**Required action:** Each line of the records below that includes "cases" adds one to the count; state the final count by itself.

□ □ □ □

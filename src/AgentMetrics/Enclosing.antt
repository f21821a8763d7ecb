-- ===== src/AgentMetrics/Enclosing.antt =====
-- internal/store/agent_metrics.go: the aggregates of five minutes, hours and days enclose the values that
-- they are made from.
use whatsupp.Base.{
  ℕ, ◌*◌, ◌/◌, ◌≡◌, sym, ap, subst, ◌∙◌, Bool, true, false, List, [], ◌∷◌, arith, if◌then◌else◌,
  keep_if, map, Bool-cases, inl, inr, ◌⊎◌, All,
}
use whatsupp.Ingest.{AgentMetricRow}
use whatsupp.AgentMetrics.{
  AgentMetricSummary, MetricTables, Database, DatabaseLaws, Held, same_key, group_rows, set_bucket,
  upsert_all, as_summary, least, greatest, merge, grouped, in_window, aggregate_agent_metrics_5min,
  aggregate_agent_metrics_hourly, aggregate_agent_metrics_daily,
}
use whatsupp.AgentMetrics.Groups.{
  Group, upsert_all-new, HeldIn, same_key_sym, group_rows-Covers, UniqueGroups,
  group_rows-UniqueGroups,
}

module _ {A : Type 0} where
  abbrev pub IsIn : A → List A → Type 0
  IsIn a [] = ⊥
  IsIn a (x ∷ xs) = (x ≡ a) ⊎ IsIn a xs

  IsIn-keep_if :
      (p : A → Bool) (a : A) (xs : List A) → p a ≡ true → IsIn a xs → IsIn a (keep_if p xs)
  IsIn-keep_if p a [] e h = h
  IsIn-keep_if p a (x ∷ xs) e (inl same) = rw (ap p same ∙ e) (inl same)
  IsIn-keep_if p a (x ∷ xs) e (inr h) = elim (Bool-cases (p x)) [
    | inl passed ↦ rw passed (inr (IsIn-keep_if p a xs e h))
    | inr gone ↦ rw gone (IsIn-keep_if p a xs e h)
  ]

IsIn-map : {A B : Type 0} (f : A → B) (a : A) (xs : List A) → IsIn a xs → IsIn (f a) (map f xs)
IsIn-map f a [] h = absurd h
IsIn-map f a (x ∷ xs) (inl e) = inl (ap f e)
IsIn-map f a (x ∷ xs) (inr h) = inr (IsIn-map f a xs h)

module _ {V : Type 0} where
  Held-map :
      {A : Type 0} (f : A → AgentMetricSummary V) (a : A) (xs : List A)
      → IsIn a xs
      → Held (f a) (map f xs)
  Held-map f a [] h = absurd h
  Held-map f a (x ∷ xs) (inl e) = inl (ap f e)
  Held-map f a (x ∷ xs) (inr h) = inr (Held-map f a xs h)

module _ {V : Type 0} (db : Database V) (laws : DatabaseLaws db) where
  -- The minimum and the maximum of a row are on the two sides of those of another.
  abbrev pub Encloses : AgentMetricSummary V → AgentMetricSummary V → Type 0
  Encloses m s = (db.leq m.min s.min ≡ true) × (db.leq s.max m.max ≡ true)

  lower_left : (v l : V) → db.leq (if db.leq v l then v else l) v ≡ true
  lower_left v l = elim (Bool-cases (db.leq v l)) [
    | inl below ↦ rw below (laws.leq_refl v)
    | inr above ↦ rw above (laws.leq_total v l above)
  ]

  lower_right : (v l w : V) → db.leq l w ≡ true → db.leq (if db.leq v l then v else l) w ≡ true
  lower_right v l w h = elim (Bool-cases (db.leq v l)) [
    | inl below ↦ rw below (laws.leq_trans v l w below h)
    | inr above ↦ rw above h
  ]

  upper_left : (v l : V) → db.leq v (if db.leq v l then l else v) ≡ true
  upper_left v l = elim (Bool-cases (db.leq v l)) [
    | inl below ↦ ap (λ b. db.leq v (if b then l else v)) below ∙ below
    | inr above ↦ ap (λ b. db.leq v (if b then l else v)) above ∙ laws.leq_refl v
  ]

  upper_right : (v l w : V) → db.leq w l ≡ true → db.leq w (if db.leq v l then l else v) ≡ true
  upper_right v l w h = elim (Bool-cases (db.leq v l)) [
    | inl below ↦ ap (λ b. db.leq w (if b then l else v)) below ∙ h
    | inr above ↦
        ap (λ b. db.leq w (if b then l else v)) above
        ∙ laws.leq_trans w l v h (laws.leq_total v l above)
  ]

  least-le :
      (g s : AgentMetricSummary V) (rest : List (AgentMetricSummary V))
      → Held s (g ∷ rest)
      → db.leq (least db g.min (map (λ q. q.min) rest)) s.min ≡ true
  unfolding least
  least-le g s [] (inl e) = rw (← e) (laws.leq_refl g.min)
  least-le g s [] (inr h) = absurd h
  least-le g s (q ∷ rest) (inl e) =
      rw (← e) (lower_left g.min (least db q.min (map (λ x. x.min) rest)))
  least-le g s (q ∷ rest) (inr h) =
      lower_right g.min (least db q.min (map (λ x. x.min) rest)) s.min (least-le q s rest h)

  greatest-ge :
      (g s : AgentMetricSummary V) (rest : List (AgentMetricSummary V))
      → Held s (g ∷ rest)
      → db.leq s.max (greatest db g.max (map (λ q. q.max) rest)) ≡ true
  unfolding greatest
  greatest-ge g s [] (inl e) = rw (← e) (laws.leq_refl g.max)
  greatest-ge g s [] (inr h) = absurd h
  greatest-ge g s (q ∷ rest) (inl e) =
      rw (← e) (upper_left g.max (greatest db q.max (map (λ x. x.max) rest)))
  greatest-ge g s (q ∷ rest) (inr h) =
      upper_right g.max (greatest db q.max (map (λ x. x.max) rest)) s.max (greatest-ge q s rest h)

  merge-Encloses :
      (g : Group V) (s : AgentMetricSummary V) → Held s (g.0 ∷ g.1) → Encloses (merge db g) s
  unfolding merge
  merge-Encloses (g, rest) s h = (least-le g s rest h, greatest-ge g s rest h)

  Held-merge :
      (g : Group V) (gs : List (Group V)) → HeldIn g gs → Held (merge db g) (map (merge db) gs)
  Held-merge g [] h = absurd h
  Held-merge g (x ∷ gs) (inl e) = inl (ap (merge db) e)
  Held-merge g (x ∷ gs) (inr h) = inr (Held-merge g gs h)

  merged-other :
      (m h : AgentMetricSummary V) (gs : List (Group V))
      → All (λ x. same_key x.0 h ≡ false) gs
      → Held m (map (merge db) gs)
      → same_key m h ≡ false
  unfolding merge
  merged-other m h [] ns held = absurd held
  merged-other m h ((g, rest) ∷ gs) (n, ns) (inl e) = subst (λ y. same_key y h ≡ false) e n
  merged-other m h (x ∷ gs) (n, ns) (inr held) = merged-other m h gs ns held

  merged_unique :
      (gs : List (Group V)) (m q : AgentMetricSummary V)
      → UniqueGroups gs
      → Held m (map (merge db) gs)
      → Held q (map (merge db) gs)
      → same_key m q ≡ true
      → q ≡ m
  unfolding UniqueGroups merge
  merged_unique [] m q u h k e = absurd h
  merged_unique (x ∷ gs) m q (u, us) (inl a) (inl b) e = sym b ∙ a
  merged_unique ((g, rest) ∷ gs) m q (u, us) (inl a) (inr k) e =
      let e' : same_key g q ≡ true = subst (λ y. same_key y q ≡ true) (sym a) e in
      absurd (ground (arith, merged-other q g gs u k, same_key_sym g q e'))
  merged_unique ((g, rest) ∷ gs) m q (u, us) (inr h) (inl b) e =
      let e' : same_key m g ≡ true = subst (λ y. same_key m y ≡ true) (sym b) e in
      absurd (ground (arith, merged-other m g gs u h, e'))
  merged_unique (x ∷ gs) m q (u, us) (inr h) (inr k) e = merged_unique gs m q us h k e

  -- After an upsert of the groups, the table has a row with the key of each grouped row, which
  -- encloses it.
  abbrev pub Enclosed : AgentMetricSummary V → List (AgentMetricSummary V) → Type 0
  Enclosed s table =
      (m : AgentMetricSummary V) × Held m table × (same_key m s ≡ true) × Encloses m s

  upsert_grouped-Enclosed :
      (rows table : List (AgentMetricSummary V)) (s : AgentMetricSummary V)
      → Held s rows
      → Enclosed s (upsert_all (grouped db rows) table)
  unfolding grouped
  upsert_grouped-Enclosed rows table s h =
      let (g, held, key, within) = group_rows-Covers rows s h in
      let gs = group_rows rows in
      let m = merge db g in
      let merged = Held-merge g gs held in
      (
        m,
        upsert_all-new (grouped db rows) table m
            (λ q k e.
              merged_unique gs m q (group_rows-UniqueGroups rows) merged
                (laws.group_order_adds_none q (map (merge db) gs) k) e)
            (laws.group_order_loses_none m (map (merge db) gs) merged),
        unfold merge in key,
        merge-Encloses g s within,
      )

  -- The 5-minute table after an aggregation has, for every raw row of the window, a row of its host and
  -- metric for the five minutes around it, whose minimum and maximum enclose the raw value.
  pub aggregate_5min_encloses :
      (from to : ℕ) (t : MetricTables V) (r : AgentMetricRow V)
      → IsIn r t.agent_metrics
      → in_window from to r.timestamp ≡ true
      → Enclosed
          (record (as_summary r) { bucket = r.timestamp / 300 * 300 })
          (aggregate_agent_metrics_5min db from to t).agent_metrics_5min
  unfolding aggregate_agent_metrics_5min as_summary
  aggregate_5min_encloses from to t r held inside =
      let kept = IsIn-keep_if (λ x. in_window from to x.timestamp) r t.agent_metrics inside held in
      let rows =
        keep_if (λ (x : AgentMetricRow V). in_window from to x.timestamp) t.agent_metrics in
      upsert_grouped-Enclosed (map (set_bucket λ b. b / 300 * 300) (map as_summary rows))
        t.agent_metrics_5min (record (as_summary r) { bucket = r.timestamp / 300 * 300 })
        (Held-map (set_bucket λ b. b / 300 * 300) (as_summary r) (map as_summary rows)
          (IsIn-map as_summary r rows kept))

  -- The hourly table after an aggregation has, for every 5-minute row of the hour, a row of its host and
  -- metric for the hour, whose minimum and maximum enclose those of the 5-minute row.
  pub aggregate_hourly_encloses :
      (hour_start hour_end : ℕ) (t : MetricTables V) (s : AgentMetricSummary V)
      → IsIn s t.agent_metrics_5min
      → in_window hour_start hour_end s.bucket ≡ true
      → Enclosed
          (record s { bucket = hour_start })
          (aggregate_agent_metrics_hourly db hour_start hour_end t).agent_metrics_hourly
  unfolding aggregate_agent_metrics_hourly
  aggregate_hourly_encloses hour_start hour_end t s held inside =
      let window : AgentMetricSummary V → Bool = λ x. in_window hour_start hour_end x.bucket in
      let rows = keep_if window t.agent_metrics_5min in
      upsert_grouped-Enclosed (map (set_bucket λ b. hour_start) rows) t.agent_metrics_hourly
        (record s { bucket = hour_start })
        (Held-map (set_bucket λ b. hour_start) s rows
          (IsIn-keep_if window s t.agent_metrics_5min inside held))

  -- The daily table after an aggregation has, for every hourly row of the day, a row of its host and
  -- metric for the day, whose minimum and maximum enclose those of the hourly row.
  pub aggregate_daily_encloses :
      (day_start day_end : ℕ) (t : MetricTables V) (s : AgentMetricSummary V)
      → IsIn s t.agent_metrics_hourly
      → in_window day_start day_end s.bucket ≡ true
      → Enclosed
          (record s { bucket = day_start })
          (aggregate_agent_metrics_daily db day_start day_end t).agent_metrics_daily
  unfolding aggregate_agent_metrics_daily
  aggregate_daily_encloses day_start day_end t s held inside =
      let window : AgentMetricSummary V → Bool = λ x. in_window day_start day_end x.bucket in
      let rows = keep_if window t.agent_metrics_hourly in
      upsert_grouped-Enclosed (map (set_bucket λ b. day_start) rows) t.agent_metrics_daily
        (record s { bucket = day_start })
        (Held-map (set_bucket λ b. day_start) s rows
          (IsIn-keep_if window s t.agent_metrics_hourly inside held))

□ □ □ □

**Exercise solution:** 6